» DATA IN THIS EXERCISE
-- ===== src/Bytecode/Refine/Execute.antt =====
-- The arms of the `switch` of `vm_run` (bytecode-vm/vm.c), seen on `Machine`.
use mathlib.Core.Path.{ap₂}
use systems_programming_proj.Prelude.{
  ℕ, ◌+◌, ◌≡◌, refl, ap, ◌∙◌, inl, inr, Bool-cases, List, [], ◌∷◌, ◌++◌, get_or,
}
use systems_programming_proj.Prelude.Int.{ℤ, pos, to_int, to_size, eq_ℤ}
use systems_programming_proj.Bytecode.OpCode.{
  OpCode, push, pop, add, sub, mul, div, print, eq, lt, gt, jmp, jmp_if_false, load, store, call,
  ret, halt,
}
use systems_programming_proj.Bytecode.Vm.{Result, ok, err, ◌>>=◌, Vm, vm_push, binary, execute}
use systems_programming_proj.Bytecode.Machine.{Machine, combine, apply_binary, push_value, perform}
use systems_programming_proj.Bytecode.Refine.Stacks.{Agree, oks, errs, Agree-right, Agree-bind}
use systems_programming_proj.Bytecode.Refine.Step.{
  values, values-append, Views, fetch-Agree, push-Agree, push_cs-Agree, pop-Agree, pop_cs-Agree,
}

Agree-refl : {A : Type 0} (r : Result A) → Agree (λ a b. a ≡ b) r r
Agree-refl (ok a) = oks refl
Agree-refl (err e) = errs

abbrev pub Agrees : List ℕ → Result Vm → Result Machine → Type 0
Agrees code = Agree (Views code)

module _ {code : List ℕ} where
  -- Two `int` computations with one result, each followed by a push of it.
  push_result-Agree :
      {vm : Vm} {m : Machine} {r r' : Result ℤ}
      → Views code vm m
      → r ≡ r'
      → Agrees code (r >>= λ z. vm_push z vm) (r' >>= λ z. push_value z m)
  unfolding push_value
  push_result-Agree {r} v e =
      rw (← e) (
        Agree-bind (Agree-refl r) λ z z' same. rw same (Agree-right _ (push-Agree v z') λ _ _ w. w))

  binary-Agree :
      {vm : Vm} {m : Machine} (f : ℤ → ℤ → Result ℤ) (op : OpCode)
      → ((a b : ℤ) → f a b ≡ combine op b a)
      → Views code vm m
      → Agrees code (binary f vm) (apply_binary op m)
  unfolding binary apply_binary push_value
  binary-Agree f op same v = Agree-bind (pop-Agree v) λ r p (er, v₁).
      Agree-bind (pop-Agree v₁)
        λ l q (el, v₂). push_result-Agree v₂ (same r.0 l.0 ∙ ap₂ (combine op) el er)

  load-Agree :
      {vm : Vm} {m : Machine}
      → Views code vm m
      → Agrees code (execute load vm) (perform code load m)
  unfolding execute perform push_value
  load-Agree v = Agree-bind (fetch-Agree v) λ r slot (e, v₁).
      let same = ap₂ (λ g i. get_or g i (pos 0)) v₁.globals e in
      rw same (Agree-right _ (push-Agree v₁ _) λ _ _ w. w)

  push-opcode-Agree :
      {vm : Vm} {m : Machine}
      → Views code vm m
      → Agrees code (execute push vm) (perform code push m)
  unfolding execute perform push_value
  push-opcode-Agree v =
      Agree-bind (fetch-Agree v)
        λ r b (e, v₁). rw e (Agree-right _ (push-Agree v₁ (pos b)) λ _ _ w. w)

  jump-Agree :
      {vm : Vm} {m : Machine} → Views code vm m → Agrees code (execute jmp vm) (perform code jmp m)
  unfolding execute perform
  jump-Agree v = Agree-bind (fetch-Agree v) λ r b (e, v₁). oks (record {
    code = v₁.code;
    ip = e;
    stack = v₁.stack;
    globals = v₁.globals;
    calls = v₁.calls;
    running = v₁.running;
    out = v₁.out;
  })

  branch-Agree :
      {vm : Vm} {m : Machine}
      → Views code vm m
      → Agrees code (execute jmp_if_false vm) (perform code jmp_if_false m)
  unfolding execute perform
  branch-Agree v = Agree-bind (pop-Agree v) λ r p (e, v₁).
      rw e (elim (Bool-cases (eq_ℤ p.0 (pos 0))) [
        | inl zero ↦ rw zero (
            Agree-bind (fetch-Agree v₁) λ r' b (e', v₂). oks (record {
              code = v₂.code;
              ip = e';
              stack = v₂.stack;
              globals = v₂.globals;
              calls = v₂.calls;
              running = v₂.running;
              out = v₂.out;
            }))
        | inr other ↦ rw other (
            oks (record {
              code = v₁.code;
              ip = ap (λ k. k + 1) v₁.ip;
              stack = v₁.stack;
              globals = v₁.globals;
              calls = v₁.calls;
              running = v₁.running;
              out = v₁.out;
            }))
      ])

  store-Agree :
      {vm : Vm} {m : Machine}
      → Views code vm m
      → Agrees code (execute store vm) (perform code store m)
  unfolding execute perform
  store-Agree v = Agree-bind (pop-Agree v) λ r p (e, v₁).
      Agree-bind (fetch-Agree v₁) λ r' slot (e', v₂). oks (record {
        code = v₂.code;
        ip = v₂.ip;
        stack = v₂.stack;
        globals = cc (v₂.globals, e, e');
        calls = v₂.calls;
        running = v₂.running;
        out = v₂.out;
      })

  call-Agree :
      {vm : Vm} {m : Machine}
      → Views code vm m
      → Agrees code (execute call vm) (perform code call m)
  unfolding execute perform
  call-Agree {m} v = Agree-bind (fetch-Agree v) λ r dest (e, v₁). simp v₁.ip (
      Agree-bind (push_cs-Agree v₁ (to_int (m.ip + 1))) λ vm₂ cs v₂. oks (record {
        code = v₂.code;
        ip = e;
        stack = v₂.stack;
        globals = v₂.globals;
        calls = v₂.calls;
        running = v₂.running;
        out = v₂.out;
      }))

  ret-Agree :
      {vm : Vm} {m : Machine} → Views code vm m → Agrees code (execute ret vm) (perform code ret m)
  unfolding execute perform
  ret-Agree v = Agree-bind (pop_cs-Agree v) λ r p (e, v₁). oks (record {
    code = v₁.code;
    ip = ap to_size e;
    stack = v₁.stack;
    globals = v₁.globals;
    calls = v₁.calls;
    running = v₁.running;
    out = v₁.out;
  })

  print-Agree :
      {vm : Vm} {m : Machine}
      → Views code vm m
      → Agrees code (execute print vm) (perform code print m)
  unfolding execute perform values
  print-Agree v = Agree-bind (pop-Agree v) λ r p (e, v₁). oks (record {
    code = v₁.code;
    ip = v₁.ip;
    stack = v₁.stack;
    globals = v₁.globals;
    calls = v₁.calls;
    running = v₁.running;
    out = rw values-append (ap₂ (λ l x. l ++ x ∷ []) v₁.out e);
  })

  -- Every arm does on the arrays what the instruction does on the lists.
  pub execute-Agree :
      (op : OpCode) {vm : Vm} {m : Machine}
      → Views code vm m
      → Agrees code (execute op vm) (perform code op m)
  unfolding execute perform combine
  execute-Agree push v = push-opcode-Agree v
  execute-Agree pop v = Agree-bind (pop-Agree v) λ r p (_, v₁). oks v₁
  execute-Agree add v = binary-Agree _ add (λ a b. refl) v
  execute-Agree sub v = binary-Agree _ sub (λ a b. refl) v
  execute-Agree mul v = binary-Agree _ mul (λ a b. refl) v
  execute-Agree div v = binary-Agree _ div (λ a b. refl) v
  execute-Agree print v = print-Agree v
  execute-Agree eq v = binary-Agree _ eq (λ a b. refl) v
  execute-Agree lt v = binary-Agree _ lt (λ a b. refl) v
  execute-Agree gt v = binary-Agree _ gt (λ a b. refl) v
  execute-Agree jmp v = jump-Agree v
  execute-Agree jmp_if_false v = branch-Agree v
  execute-Agree load v = load-Agree v
  execute-Agree store v = store-Agree v
  execute-Agree call v = call-Agree v
  execute-Agree ret v = ret-Agree v
  execute-Agree halt v = oks (record {
    code = v.code;
    ip = v.ip;
    stack = v.stack;
    globals = v.globals;
    calls = v.calls;
    running = refl;
    out = v.out;
  })
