-- ===== src/Bytecode/Refine/Run.antt =====
-- `vm_init` and the loop of `vm_run` (bytecode-vm/vm.c), seen on `Machine`.
use mathlib.Core.List.{append-nil}
use systems_programming_proj.Prelude.{
  ℕ, zero, suc, ◌+◌, ◌≡◌, refl, ◌∙◌, inl, inr, some, List, [], ◌∷◌, arith, Bool-cases, Option-cases,
  length-replicate, replicate, ◌++◌,
}
use systems_programming_proj.Prelude.Int.{ℤ, pos}
use systems_programming_proj.Bytecode.OpCode.{decode}
use systems_programming_proj.Bytecode.Vm.{
  Error, Result, ok, err, Vm, running_op, size, vm_init, dispatch, step, Outcome, vm_run,
}
use systems_programming_proj.Bytecode.Machine
use systems_programming_proj.Bytecode.Machine.{Machine, start, perform_byte}
use systems_programming_proj.Bytecode.Refine.Stacks.{Holds, oks, errs, Agree-bind}
use systems_programming_proj.Bytecode.Refine.Step.{values, values-append, Views, fetch-Agree}
use systems_programming_proj.Bytecode.Refine.Execute.{Agrees, execute-Agree}

-- Both runs end in the same way, with the same values printed.
pub data SameOutcome (code : List ℕ) : Outcome → Machine.Outcome → Type 0 where
  both_halted :
      {vm : Vm} {m : Machine}
      → Views code vm m
      → SameOutcome code (Outcome.halted vm) (Machine.halted m)
  both_failed :
      {e : Error} {vm : Vm} {out : List ℤ}
      → values vm.out ≡ out
      → SameOutcome code (Outcome.failed e vm) (Machine.failed e out)
  both_running : SameOutcome code Outcome.out_of_fuel Machine.out_of_fuel

traced :
    {code : List ℕ} {vm : Vm} {m : Machine} (b : ℕ)
    → Views code vm m
    → Views code (record vm { out = vm.out ++ running_op b ∷ [] }) m
unfolding values
traced {vm} {m} b v = record {
  code = v.code;
  ip = v.ip;
  stack = v.stack;
  globals = v.globals;
  calls = v.calls;
  running = v.running;
  out = values-append vm.out (running_op b ∷ []) ∙ append-nil _ ∙ v.out;
}

module _ {code : List ℕ} where
  dispatch-Agree :
      {vm : Vm} (m : Machine) (b : ℕ)
      → Views code vm (record m { ip = m.ip + 1 })
      → Agrees code (dispatch b vm) (perform_byte code b m)
  unfolding dispatch perform_byte
  dispatch-Agree m b v = elim (Option-cases (decode b)) [
    | inl e ↦ rw (e, dispatch, perform_byte) errs
    | inr (op, e) ↦ rw (e, dispatch, perform_byte) (execute-Agree op v)
  ]

  pub step-Agree :
      {vm : Vm} {m : Machine} → Views code vm m → Agrees code (step vm) (Machine.step code m)
  unfolding step Machine.step
  step-Agree {m} v = Agree-bind (fetch-Agree v) λ r b (e, w). rw e (dispatch-Agree m b (traced b w))

  round-SameOutcome :
      (fuel : ℕ) {vm : Vm} {m : Machine} {r : Result Vm} {r' : Result Machine}
      → Views code vm m
      → Agrees code r r'
      → ((vm' : Vm) (m' : Machine)
          → Views code vm' m'
          → SameOutcome code (vm_run fuel vm') (Machine.run fuel code m'))
      → SameOutcome code
          (elim r [ ok vm' ↦ vm_run fuel vm' | err e ↦ Outcome.failed e vm ])
          (elim r' [ ok m' ↦ Machine.run fuel code m' | err e ↦ Machine.failed e m.out ])
  round-SameOutcome fuel v (oks h) k = k _ _ h
  round-SameOutcome fuel v errs k = both_failed v.out

  pub run_refines :
      (fuel : ℕ) {vm : Vm} {m : Machine}
      → Views code vm m
      → SameOutcome code (vm_run fuel vm) (Machine.run fuel code m)
  unfolding vm_run Machine.run
  run_refines zero {vm} {m} v = elim (Bool-cases m.running) [
    | inl e ↦ simp (v.running, e) both_running
    | inr e ↦ simp (v.running, e) (both_halted v)
  ]
  run_refines (suc fuel) {vm} {m} v = elim (Bool-cases m.running) [
    | inl e ↦
        simp (v.running, e) (round-SameOutcome fuel v (step-Agree v) λ vm' m' w. run_refines fuel w)
    | inr e ↦ simp (v.running, e) (both_halted v)
  ]

init-Views : (code : List ℕ) (vm : Vm) → vm.out ≡ [] → Views code (vm_init (some code) vm) start
unfolding vm_init values
init-Views code vm e = record {
  code = refl;
  ip = refl;
  stack = empty;
  globals = refl;
  calls = empty;
  running = refl;
  out = rw e;
}
  where
    empty : Holds (replicate size (pos 0)) 0 []
    empty = record {
      room = length-replicate size (pos 0);
      count = refl;
      small = omega arith;
      cells = tt;
    }

-- A run of `vm_run` behind `vm_init`, over the arrays of the machine, ends as the run of the
-- bytecode on the bounded lists does, after the same number of rounds and with the same values printed; whatever
-- the code is and whatever the machine held before.
pub vm_run-refines :
    (fuel : ℕ) (code : List ℕ) (vm : Vm)
    → vm.out ≡ []
    → SameOutcome code (vm_run fuel (vm_init (some code) vm)) (Machine.run fuel code start)
vm_run-refines fuel code vm e = run_refines fuel (init-Views code vm e)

» WORK ORDER
Each line with the word "append" in the records above belongs in the result; copy all of them.

» WRITTEN ANSWER
  values, values-append, Views, fetch-Agree, push-Agree, push_cs-Agree, pop-Agree, pop_cs-Agree,
    out = rw values-append (ap₂ (λ l x. l ++ x ∷ []) v₁.out e);
use mathlib.Core.List.{append-nil}
use systems_programming_proj.Bytecode.Refine.Step.{values, values-append, Views, fetch-Agree}
  out = values-append vm.out (running_op b ∷ []) ∙ append-nil _ ∙ v.out;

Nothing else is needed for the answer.